## DATA SUPPLIED
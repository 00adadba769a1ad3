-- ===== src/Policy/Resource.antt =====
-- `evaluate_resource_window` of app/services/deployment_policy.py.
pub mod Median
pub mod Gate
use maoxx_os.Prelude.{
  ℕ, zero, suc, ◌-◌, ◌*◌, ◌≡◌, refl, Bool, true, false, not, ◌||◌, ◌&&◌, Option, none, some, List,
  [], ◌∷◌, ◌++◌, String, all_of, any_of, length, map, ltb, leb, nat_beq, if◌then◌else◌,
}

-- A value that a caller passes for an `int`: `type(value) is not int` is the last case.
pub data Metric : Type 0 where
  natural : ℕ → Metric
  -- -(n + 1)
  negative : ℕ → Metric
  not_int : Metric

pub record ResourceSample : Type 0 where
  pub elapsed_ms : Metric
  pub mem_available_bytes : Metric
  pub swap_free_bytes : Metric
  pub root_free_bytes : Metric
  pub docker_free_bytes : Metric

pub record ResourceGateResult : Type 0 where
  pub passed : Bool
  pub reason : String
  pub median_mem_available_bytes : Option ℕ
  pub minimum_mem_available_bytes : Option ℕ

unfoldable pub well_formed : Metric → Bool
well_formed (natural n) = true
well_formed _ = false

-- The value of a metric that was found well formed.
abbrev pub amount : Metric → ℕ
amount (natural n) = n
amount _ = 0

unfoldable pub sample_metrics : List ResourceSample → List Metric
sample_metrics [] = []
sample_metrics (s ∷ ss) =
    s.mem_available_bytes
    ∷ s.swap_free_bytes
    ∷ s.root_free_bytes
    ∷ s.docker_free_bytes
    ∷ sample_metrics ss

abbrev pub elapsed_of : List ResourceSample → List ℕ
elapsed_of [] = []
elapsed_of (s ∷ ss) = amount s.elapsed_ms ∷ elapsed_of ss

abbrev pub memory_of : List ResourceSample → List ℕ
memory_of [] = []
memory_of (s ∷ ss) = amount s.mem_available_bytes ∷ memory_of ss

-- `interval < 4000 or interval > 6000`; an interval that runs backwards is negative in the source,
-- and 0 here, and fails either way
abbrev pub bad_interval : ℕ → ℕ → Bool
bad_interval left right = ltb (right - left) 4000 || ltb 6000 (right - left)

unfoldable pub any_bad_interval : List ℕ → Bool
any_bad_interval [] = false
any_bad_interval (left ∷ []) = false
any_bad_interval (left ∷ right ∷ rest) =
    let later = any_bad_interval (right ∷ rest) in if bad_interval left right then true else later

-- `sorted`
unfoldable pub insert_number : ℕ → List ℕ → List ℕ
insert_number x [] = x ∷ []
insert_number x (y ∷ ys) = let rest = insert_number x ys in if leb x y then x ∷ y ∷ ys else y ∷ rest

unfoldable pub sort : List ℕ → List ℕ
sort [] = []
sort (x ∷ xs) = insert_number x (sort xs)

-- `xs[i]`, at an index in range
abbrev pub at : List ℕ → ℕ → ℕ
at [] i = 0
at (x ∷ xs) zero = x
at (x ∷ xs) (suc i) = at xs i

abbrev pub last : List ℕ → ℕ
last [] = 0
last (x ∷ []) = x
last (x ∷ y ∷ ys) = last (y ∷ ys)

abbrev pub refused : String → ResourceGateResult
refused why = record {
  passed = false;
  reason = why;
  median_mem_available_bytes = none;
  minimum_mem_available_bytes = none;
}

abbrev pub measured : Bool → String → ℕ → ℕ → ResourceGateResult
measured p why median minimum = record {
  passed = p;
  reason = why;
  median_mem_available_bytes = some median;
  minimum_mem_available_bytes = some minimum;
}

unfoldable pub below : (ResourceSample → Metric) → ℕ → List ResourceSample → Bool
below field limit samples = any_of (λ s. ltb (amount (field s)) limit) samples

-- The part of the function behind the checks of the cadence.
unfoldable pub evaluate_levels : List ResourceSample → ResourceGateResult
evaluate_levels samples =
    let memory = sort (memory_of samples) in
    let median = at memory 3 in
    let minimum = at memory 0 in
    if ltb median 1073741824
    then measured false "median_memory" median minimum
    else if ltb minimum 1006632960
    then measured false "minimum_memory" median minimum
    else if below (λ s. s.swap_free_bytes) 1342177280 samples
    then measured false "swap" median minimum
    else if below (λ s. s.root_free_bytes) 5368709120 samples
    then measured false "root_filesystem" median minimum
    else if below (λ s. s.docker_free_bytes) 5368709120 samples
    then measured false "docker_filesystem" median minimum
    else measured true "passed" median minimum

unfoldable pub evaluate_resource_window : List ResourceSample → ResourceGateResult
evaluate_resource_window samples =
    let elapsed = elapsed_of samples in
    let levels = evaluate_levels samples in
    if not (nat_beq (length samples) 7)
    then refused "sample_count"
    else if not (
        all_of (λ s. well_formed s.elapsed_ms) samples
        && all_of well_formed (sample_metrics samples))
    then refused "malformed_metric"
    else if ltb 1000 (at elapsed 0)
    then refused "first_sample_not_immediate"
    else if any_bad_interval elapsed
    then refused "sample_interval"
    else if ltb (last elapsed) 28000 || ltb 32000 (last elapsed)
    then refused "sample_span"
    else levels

## TASK
All the material above is to be returned exactly as it stands.

## EXERCISE OUTPUT
repository 00adadba769a1ad3
-- ===== src/Policy/Resource.antt =====
-- `evaluate_resource_window` of app/services/deployment_policy.py.
pub mod Median
pub mod Gate
use maoxx_os.Prelude.{
  ℕ, zero, suc, ◌-◌, ◌*◌, ◌≡◌, refl, Bool, true, false, not, ◌||◌, ◌&&◌, Option, none, some, List,
  [], ◌∷◌, ◌++◌, String, all_of, any_of, length, map, ltb, leb, nat_beq, if◌then◌else◌,
}

-- A value that a caller passes for an `int`: `type(value) is not int` is the last case.
pub data Metric : Type 0 where
  natural : ℕ → Metric
  -- -(n + 1)
  negative : ℕ → Metric
  not_int : Metric

pub record ResourceSample : Type 0 where
  pub elapsed_ms : Metric
  pub mem_available_bytes : Metric
  pub swap_free_bytes : Metric
  pub root_free_bytes : Metric
  pub docker_free_bytes : Metric

pub record ResourceGateResult : Type 0 where
  pub passed : Bool
  pub reason : String
  pub median_mem_available_bytes : Option ℕ
  pub minimum_mem_available_bytes : Option ℕ

unfoldable pub well_formed : Metric → Bool
well_formed (natural n) = true
well_formed _ = false

-- The value of a metric that was found well formed.
abbrev pub amount : Metric → ℕ
amount (natural n) = n
amount _ = 0

unfoldable pub sample_metrics : List ResourceSample → List Metric
sample_metrics [] = []
sample_metrics (s ∷ ss) =
    s.mem_available_bytes
    ∷ s.swap_free_bytes
    ∷ s.root_free_bytes
    ∷ s.docker_free_bytes
    ∷ sample_metrics ss

abbrev pub elapsed_of : List ResourceSample → List ℕ
elapsed_of [] = []
elapsed_of (s ∷ ss) = amount s.elapsed_ms ∷ elapsed_of ss

abbrev pub memory_of : List ResourceSample → List ℕ
memory_of [] = []
memory_of (s ∷ ss) = amount s.mem_available_bytes ∷ memory_of ss

-- `interval < 4000 or interval > 6000`; an interval that runs backwards is negative in the source,
-- and 0 here, and fails either way
abbrev pub bad_interval : ℕ → ℕ → Bool
bad_interval left right = ltb (right - left) 4000 || ltb 6000 (right - left)

unfoldable pub any_bad_interval : List ℕ → Bool
any_bad_interval [] = false
any_bad_interval (left ∷ []) = false
any_bad_interval (left ∷ right ∷ rest) =
    let later = any_bad_interval (right ∷ rest) in if bad_interval left right then true else later

-- `sorted`
unfoldable pub insert_number : ℕ → List ℕ → List ℕ
insert_number x [] = x ∷ []
insert_number x (y ∷ ys) = let rest = insert_number x ys in if leb x y then x ∷ y ∷ ys else y ∷ rest

unfoldable pub sort : List ℕ → List ℕ
sort [] = []
sort (x ∷ xs) = insert_number x (sort xs)

-- `xs[i]`, at an index in range
abbrev pub at : List ℕ → ℕ → ℕ
at [] i = 0
at (x ∷ xs) zero = x
at (x ∷ xs) (suc i) = at xs i

abbrev pub last : List ℕ → ℕ
last [] = 0
last (x ∷ []) = x
last (x ∷ y ∷ ys) = last (y ∷ ys)

abbrev pub refused : String → ResourceGateResult
refused why = record {
  passed = false;
  reason = why;
  median_mem_available_bytes = none;
  minimum_mem_available_bytes = none;
}

abbrev pub measured : Bool → String → ℕ → ℕ → ResourceGateResult
measured p why median minimum = record {
  passed = p;
  reason = why;
  median_mem_available_bytes = some median;
  minimum_mem_available_bytes = some minimum;
}

unfoldable pub below : (ResourceSample → Metric) → ℕ → List ResourceSample → Bool
below field limit samples = any_of (λ s. ltb (amount (field s)) limit) samples

-- The part of the function behind the checks of the cadence.
unfoldable pub evaluate_levels : List ResourceSample → ResourceGateResult
evaluate_levels samples =
    let memory = sort (memory_of samples) in
    let median = at memory 3 in
    let minimum = at memory 0 in
    if ltb median 1073741824
    then measured false "median_memory" median minimum
    else if ltb minimum 1006632960
    then measured false "minimum_memory" median minimum
    else if below (λ s. s.swap_free_bytes) 1342177280 samples
    then measured false "swap" median minimum
    else if below (λ s. s.root_free_bytes) 5368709120 samples
    then measured false "root_filesystem" median minimum
    else if below (λ s. s.docker_free_bytes) 5368709120 samples
    then measured false "docker_filesystem" median minimum
    else measured true "passed" median minimum

unfoldable pub evaluate_resource_window : List ResourceSample → ResourceGateResult
evaluate_resource_window samples =
    let elapsed = elapsed_of samples in
    let levels = evaluate_levels samples in
    if not (nat_beq (length samples) 7)
    then refused "sample_count"
    else if not (
        all_of (λ s. well_formed s.elapsed_ms) samples
        && all_of well_formed (sample_metrics samples))
    then refused "malformed_metric"
    else if ltb 1000 (at elapsed 0)
    then refused "first_sample_not_immediate"
    else if any_bad_interval elapsed
    then refused "sample_interval"
    else if ltb (last elapsed) 28000 || ltb 32000 (last elapsed)
    then refused "sample_span"
    else levels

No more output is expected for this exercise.